The Verify seam is not one weakness among four. It is the structural constraint that keeps the other three from compounding. Close it, and the rest of CBA's investment thesis compounds. Leave it open, and APRA, ASIC, and the AISI will eventually close it on terms not written in Sydney.
What this means for the reader
If a stranger scored your organization from public material, press releases, partnerships, executive remarks, training disclosures, regulatory filings, what would they see? Most large incumbents have built the announceable layer of AI readiness. Far fewer have built the verifiable layer beneath it.

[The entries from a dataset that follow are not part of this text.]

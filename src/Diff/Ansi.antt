-- ===== src/Diff/Ansi.antt =====
-- `DiffEngine::encode_ansi` of diff.rs: the drawing commands as escape sequences, in UTF-8.
use oxiterm.Common.{ℕ, ◌+◌, ◌%◌, ◌^◌, Bool, true, false, List, [], ◌∷◌, ◌++◌, if◌then◌else◌}
use oxiterm.Style.{AnsiColor, true_color, color256}
use oxiterm.Input.Utf8.{encode_utf8}
use oxiterm.Input.Params.Decimal.{decimal}
use oxiterm.Diff.{AnsiCommand, move_cursor, set_color, write_char, set_modifiers}
use oxiterm.Diff.Engine.{same_color}

-- ESC and `[`
abbrev csi : List ℕ → List ℕ
csi s = 0x1b ∷ b'[' ∷ s

encode_color : AnsiColor → Bool → List ℕ
unfolding decimal
encode_color color is_fg =
    let prefix = (if is_fg then b'3' else b'4') ∷ b'8' ∷ [] in
    elim color [
      | true_color r g b ↦ csi (
          prefix
          ++ b';'
            ∷ b'2'
            ∷ b';'
            ∷ (decimal r ++ b';' ∷ (decimal g ++ b';' ∷ (decimal b ++ b'm' ∷ []))))
      | color256 n ↦ csi (prefix ++ b';' ∷ b'5' ∷ b';' ∷ (decimal n ++ b'm' ∷ []))
      | AnsiColor.reset ↦ csi ((if is_fg then b'3' else b'4') ∷ b'9' ∷ b'm' ∷ [])
    ]

-- A modifier's sequence, if it is set.
abbrev modifier : Bool → ℕ → List ℕ
modifier on digit = if on then csi (digit ∷ b'm' ∷ []) else []

-- The loop, with `last_fg` and `last_bg`.
encode_ansi_from : AnsiColor → AnsiColor → List AnsiCommand → List ℕ
unfolding encode_color decimal encode_utf8
encode_ansi_from last_fg last_bg [] = []
encode_ansi_from last_fg last_bg (move_cursor x y ∷ cmds) =
    csi (decimal ((y + 1) % 2 ^ 16) ++ b';' ∷ (decimal ((x + 1) % 2 ^ 16) ++ b'H' ∷ []))
    ++ encode_ansi_from last_fg last_bg cmds
encode_ansi_from last_fg last_bg (set_color fg bg ∷ cmds) =
    (if same_color fg last_fg then [] else encode_color fg true)
    ++ ((if same_color bg last_bg then [] else encode_color bg false)
        ++ encode_ansi_from fg bg cmds)
encode_ansi_from last_fg last_bg (write_char ch ∷ cmds) =
    encode_utf8 ch ++ encode_ansi_from last_fg last_bg cmds
encode_ansi_from last_fg last_bg (set_modifiers bold underline italic ∷ cmds) =
    csi (b'0' ∷ b'm' ∷ [])
    ++ (encode_color last_fg true
        ++ (encode_color last_bg false
            ++ (modifier bold b'1'
                ++ (modifier underline b'4'
                    ++ (modifier italic b'3' ++ encode_ansi_from last_fg last_bg cmds)))))
encode_ansi_from last_fg last_bg (AnsiCommand.reset ∷ cmds) =
    csi (b'0' ∷ b'm' ∷ []) ++ encode_ansi_from AnsiColor.reset AnsiColor.reset cmds

pub encode_ansi : List AnsiCommand → List ℕ
unfolding encode_ansi_from
encode_ansi cmds = encode_ansi_from AnsiColor.reset AnsiColor.reset cmds
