-- ===== src/Diff/Binary.antt =====
-- `DiffEngine::encode_binary` and `DiffEngine::decode_binary` of diff.rs. A byte is a number
-- below 256, a `char` is its code point.
pub mod RoundTrip
pub mod Decoded
use oxiterm.Common.{
  ℕ, zero, suc, ◌+◌, ◌*◌, ◌/◌, ◌%◌, ◌^◌, ◌≡◌, Bool, true, false, not, ◌&&◌, ◌||◌, Option, none,
  some, List, [], ◌∷◌, ◌++◌, length, ltb, leb, is_char, has_bit, ◌==◌, if◌then◌else◌,
}
use oxiterm.Common.Outcome.{Result, ok, err, ◌>>=◌}
use oxiterm.Style.{AnsiColor, true_color, color256}
use oxiterm.Unicode.{computed_width}
use oxiterm.Diff.{AnsiCommand, move_cursor, set_color, write_char, set_modifiers}

-- `u16::to_le_bytes` and `u32::to_le_bytes`
pub le16 : ℕ → List ℕ
le16 x = (x % 256) ∷ (x / 256 % 256) ∷ []

pub le32 : ℕ → List ℕ
le32 x = (x % 256) ∷ (x / 256 % 256) ∷ (x / 65536 % 256) ∷ (x / 16777216 % 256) ∷ []

abbrev pub from_le16 : ℕ → ℕ → ℕ
from_le16 a b = a + b * 256

abbrev pub from_le32 : ℕ → ℕ → ℕ → ℕ → ℕ
from_le32 a b c d = a + b * 256 + c * 65536 + d * 16777216

pub encode_color_binary : AnsiColor → List ℕ
encode_color_binary AnsiColor.reset = 0 ∷ []
encode_color_binary (true_color r g b) = 1 ∷ r ∷ g ∷ b ∷ []
encode_color_binary (color256 idx) = 2 ∷ idx ∷ []

abbrev pub bit : Bool → ℕ → ℕ
bit b v = if b then v else 0

-- `flags |= 1`, `|= 2`, `|= 4` on distinct bits.
pub modifier_flags : Bool → Bool → Bool → ℕ
modifier_flags bold underline italic = bit bold 1 + bit underline 2 + bit italic 4

module _ (char_width : ℕ → Option ℕ) where
  unfoldable pub encode_command : AnsiCommand → List ℕ
  unfolding le16 le32 encode_color_binary modifier_flags
  encode_command (move_cursor x y) = 0x01 ∷ le16 x ++ le16 y
  encode_command (set_color fg bg) = 0x02 ∷ encode_color_binary fg ++ encode_color_binary bg
  encode_command (write_char ch) =
      let width = computed_width char_width ch in
      0x03 ∷ le32 ch ++ (if width == 0 then 1 else width) ∷ []
  encode_command (set_modifiers bold underline italic) =
      0x04 ∷ modifier_flags bold underline italic ∷ []
  encode_command AnsiCommand.reset = 0x05 ∷ []

  unfoldable pub encode_binary : List AnsiCommand → List ℕ
  encode_binary [] = []
  encode_binary (cmd ∷ cmds) = encode_command cmd ++ encode_binary cmds

-- The messages of the `Err` results.
pub data Side : Type 0 where
  fg_side bg_side : Side

pub data DecodeError : Type 0 where
  truncated_move_cursor truncated_write_char truncated_set_modifiers : DecodeError
  invalid_char_value invalid_tag : DecodeError
  truncated_type truncated_true_color truncated_color256 invalid_type : Side → DecodeError

-- What a decoding step returns: the value, and the bytes from the new index `i` on.
abbrev pub Parsed {ℓ} : Type ℓ → Type ℓ
Parsed A = Result DecodeError (A × List ℕ)

decode_true_color : Side → List ℕ → Parsed AnsiColor
decode_true_color side (r ∷ g ∷ b ∷ rest) = ok (true_color r g b, rest)
decode_true_color side _ = err (truncated_true_color side)

decode_color256 : Side → List ℕ → Parsed AnsiColor
decode_color256 side [] = err (truncated_color256 side)
decode_color256 side (idx ∷ rest) = ok (color256 idx, rest)

pub decode_color : Side → List ℕ → Parsed AnsiColor
unfolding decode_true_color decode_color256
decode_color side [] = err (truncated_type side)
decode_color side (kind ∷ rest) =
    if kind == 0
    then ok (AnsiColor.reset, rest)
    else if kind == 1
    then decode_true_color side rest
    else if kind == 2
    then decode_color256 side rest
    else err (invalid_type side)

decode_move_cursor : List ℕ → Parsed AnsiCommand
decode_move_cursor (a ∷ b ∷ c ∷ d ∷ rest) = ok (move_cursor (from_le16 a b) (from_le16 c d), rest)
decode_move_cursor _ = err truncated_move_cursor

decode_set_color : List ℕ → Parsed AnsiCommand
decode_set_color bytes = do
  (fg, rest) ← decode_color fg_side bytes
  (bg, rest') ← decode_color bg_side rest
  ok (set_color fg bg, rest')

decode_write_char : List ℕ → Parsed AnsiCommand
decode_write_char (a ∷ b ∷ c ∷ d ∷ width ∷ rest) =
    let val = from_le32 a b c d in
    if is_char val then ok (write_char val, rest) else err invalid_char_value
decode_write_char _ = err truncated_write_char

decode_set_modifiers : List ℕ → Parsed AnsiCommand
decode_set_modifiers [] = err truncated_set_modifiers
decode_set_modifiers (flags ∷ rest) =
    ok (set_modifiers (has_bit flags 1) (has_bit flags 2) (has_bit flags 4), rest)

-- One round of the loop: the bytes behind the tag.
pub decode_command : ℕ → List ℕ → Parsed AnsiCommand
unfolding decode_move_cursor decode_set_color decode_write_char decode_set_modifiers
decode_command tag rest =
    if tag == 0x01
    then decode_move_cursor rest
    else if tag == 0x02
    then decode_set_color rest
    else if tag == 0x03
    then decode_write_char rest
    else if tag == 0x04
    then decode_set_modifiers rest
    else if tag == 0x05
    then ok (AnsiCommand.reset, rest)
    else err invalid_tag

-- `while i < bytes.len()`, with fuel; `none` means that the fuel ran out.
pub decode_loop : ℕ → List ℕ → List AnsiCommand → Option (Result DecodeError (List AnsiCommand))
decode_loop fuel [] commands = some (ok commands)
decode_loop zero (tag ∷ bytes) commands = none
decode_loop (suc fuel) (tag ∷ bytes) commands = elim (decode_command tag bytes) [
  | err e ↦ some (err e)
  | ok (cmd, rest) ↦ decode_loop fuel rest (commands ++ cmd ∷ [])
]

-- Each round reads at least the tag, so the length is fuel enough.
pub decode_binary : List ℕ → Option (Result DecodeError (List AnsiCommand))
unfolding decode_loop
decode_binary bytes = decode_loop (length bytes) bytes []
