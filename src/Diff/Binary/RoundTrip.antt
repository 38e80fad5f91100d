-- ===== src/Diff/Binary/RoundTrip.antt =====
-- Decoding an encoded stream gives the commands back.
use oxiterm.Common.{
  ℕ, zero, suc, is_char, is_char-lt, ◌≡◌, ◌/◌, ◌%◌, ◌≤◌, ◌<◌, true, refl, Option, some, List, [],
  ◌∷◌, ◌++◌, arith, All, length, append-nil, append_assoc, length-append, ◌∙◌, ap,
}
use oxiterm.Common.Outcome.{ok}
use oxiterm.Style.{AnsiColor, true_color, color256, InRange}
use oxiterm.Diff.{AnsiCommand, move_cursor, set_color, write_char, set_modifiers}
use oxiterm.Diff.Binary.{
  encode_color_binary, encode_command, encode_binary, from_le32, Side, fg_side, bg_side,
  decode_color, decode_command, decode_loop, decode_binary,
}

-- The values that the Rust types hold: `u16` coordinates, `u8` channels and a `char`.
abbrev pub IsCommand : AnsiCommand → Type 0
IsCommand (move_cursor x y) = (x < 65536) × (y < 65536)
IsCommand (set_color fg bg) = InRange fg × InRange bg
IsCommand (write_char ch) = is_char ch ≡ true
IsCommand (set_modifiers bold underline italic) = Unit
IsCommand AnsiCommand.reset = Unit

decode_color-encode :
    (side : Side) (c : AnsiColor) (rest : List ℕ)
    → decode_color side (encode_color_binary c ++ rest) ≡ ok (c, rest)
unfolding decode_color encode_color_binary
decode_color-encode side (true_color r g b) rest = refl
decode_color-encode side (color256 n) rest = refl
decode_color-encode side AnsiColor.reset rest = refl

from_le32-le32 :
    (ch : ℕ)
    → is_char ch ≡ true
    → from_le32 (ch % 256) (ch / 256 % 256) (ch / 65536 % 256) (ch / 16777216 % 256) ≡ ch
from_le32-le32 ch h = omega (arith, is_char-lt ch h)

module _ (char_width : ℕ → Option ℕ) where
  -- One round of the loop reads one encoded command.
  loop_step :
      (cmd : AnsiCommand) (fuel : ℕ) (rest : List ℕ) (acc : List AnsiCommand)
      → IsCommand cmd
      → decode_loop (suc fuel) (encode_command char_width cmd ++ rest) acc
        ≡ decode_loop fuel rest (acc ++ cmd ∷ [])
  unfolding decode_loop encode_command decode_command
  loop_step (move_cursor x y) fuel rest acc h = ground arith
  loop_step (set_color fg bg) fuel rest acc h = rw append_assoc (
      ground (
        arith,
        decode_color-encode fg_side fg (encode_color_binary bg ++ rest),
        decode_color-encode bg_side bg rest,
      ))
  loop_step (write_char ch) fuel rest acc h = ground (arith, from_le32-le32 ch h)
  loop_step (set_modifiers bold underline italic) fuel rest acc h = ground arith
  loop_step AnsiCommand.reset fuel rest acc h = refl

  encode_command-ne : (cmd : AnsiCommand) → 0 < length (encode_command char_width cmd)
  unfolding encode_command
  encode_command-ne (move_cursor x y) = omega arith
  encode_command-ne (set_color fg bg) = omega arith
  encode_command-ne (write_char ch) = omega arith
  encode_command-ne (set_modifiers bold underline italic) = omega arith
  encode_command-ne AnsiCommand.reset = omega arith

  decode_loop-encode :
      (cmds : List AnsiCommand) (fuel : ℕ) (acc : List AnsiCommand)
      → All IsCommand cmds
      → length (encode_binary char_width cmds) ≤ fuel
      → decode_loop fuel (encode_binary char_width cmds) acc ≡ some (ok (acc ++ cmds))
  unfolding decode_loop encode_binary
  decode_loop-encode [] fuel acc h enough = rw append-nil
  decode_loop-encode (cmd ∷ cmds) zero acc h enough = absurd (
      omega (
        arith,
        encode_command-ne cmd,
        length-append (encode_command char_width cmd) (encode_binary char_width cmds),
      ))
  decode_loop-encode (cmd ∷ cmds) (suc fuel) acc h enough =
      loop_step cmd fuel (encode_binary char_width cmds) acc h.0
      ∙ decode_loop-encode cmds fuel (acc ++ cmd ∷ []) h.1 (
          omega (
            arith,
            encode_command-ne cmd,
            length-append (encode_command char_width cmd) (encode_binary char_width cmds),
          ))
      ∙ ap (λ l. some (ok l)) (append_assoc acc (cmd ∷ []) cmds)

  -- Decoding what was encoded gives the commands back, in order and without an error, for all
  -- commands whose coordinates, channels and characters are in the ranges of their types.
  pub decode_binary-encode_binary :
      (cmds : List AnsiCommand)
      → All IsCommand cmds
      → decode_binary (encode_binary char_width cmds) ≡ some (ok cmds)
  unfolding decode_binary
  decode_binary-encode_binary cmds h =
      decode_loop-encode cmds (length (encode_binary char_width cmds)) [] h (omega arith)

The asymmetry between what your front of house communicates and what your back of house can evidence under audit is the precise space regulators, journalists, acquirers, and short sellers now occupy. The question is not whether you are doing the work. The question is whether the work you are doing would survive being read back to you by someone with no inside access and the regulatory calendar in their other hand. That is the test CBA's public posture sits inside today. It is the test your public posture sits inside, too.
CBA leads Australian banking into AI. Whether it leads the sector through the verification reckoning, or becomes the case study cited in the next prudential update, depends on what the next twelve months close, not what the last twelve announced.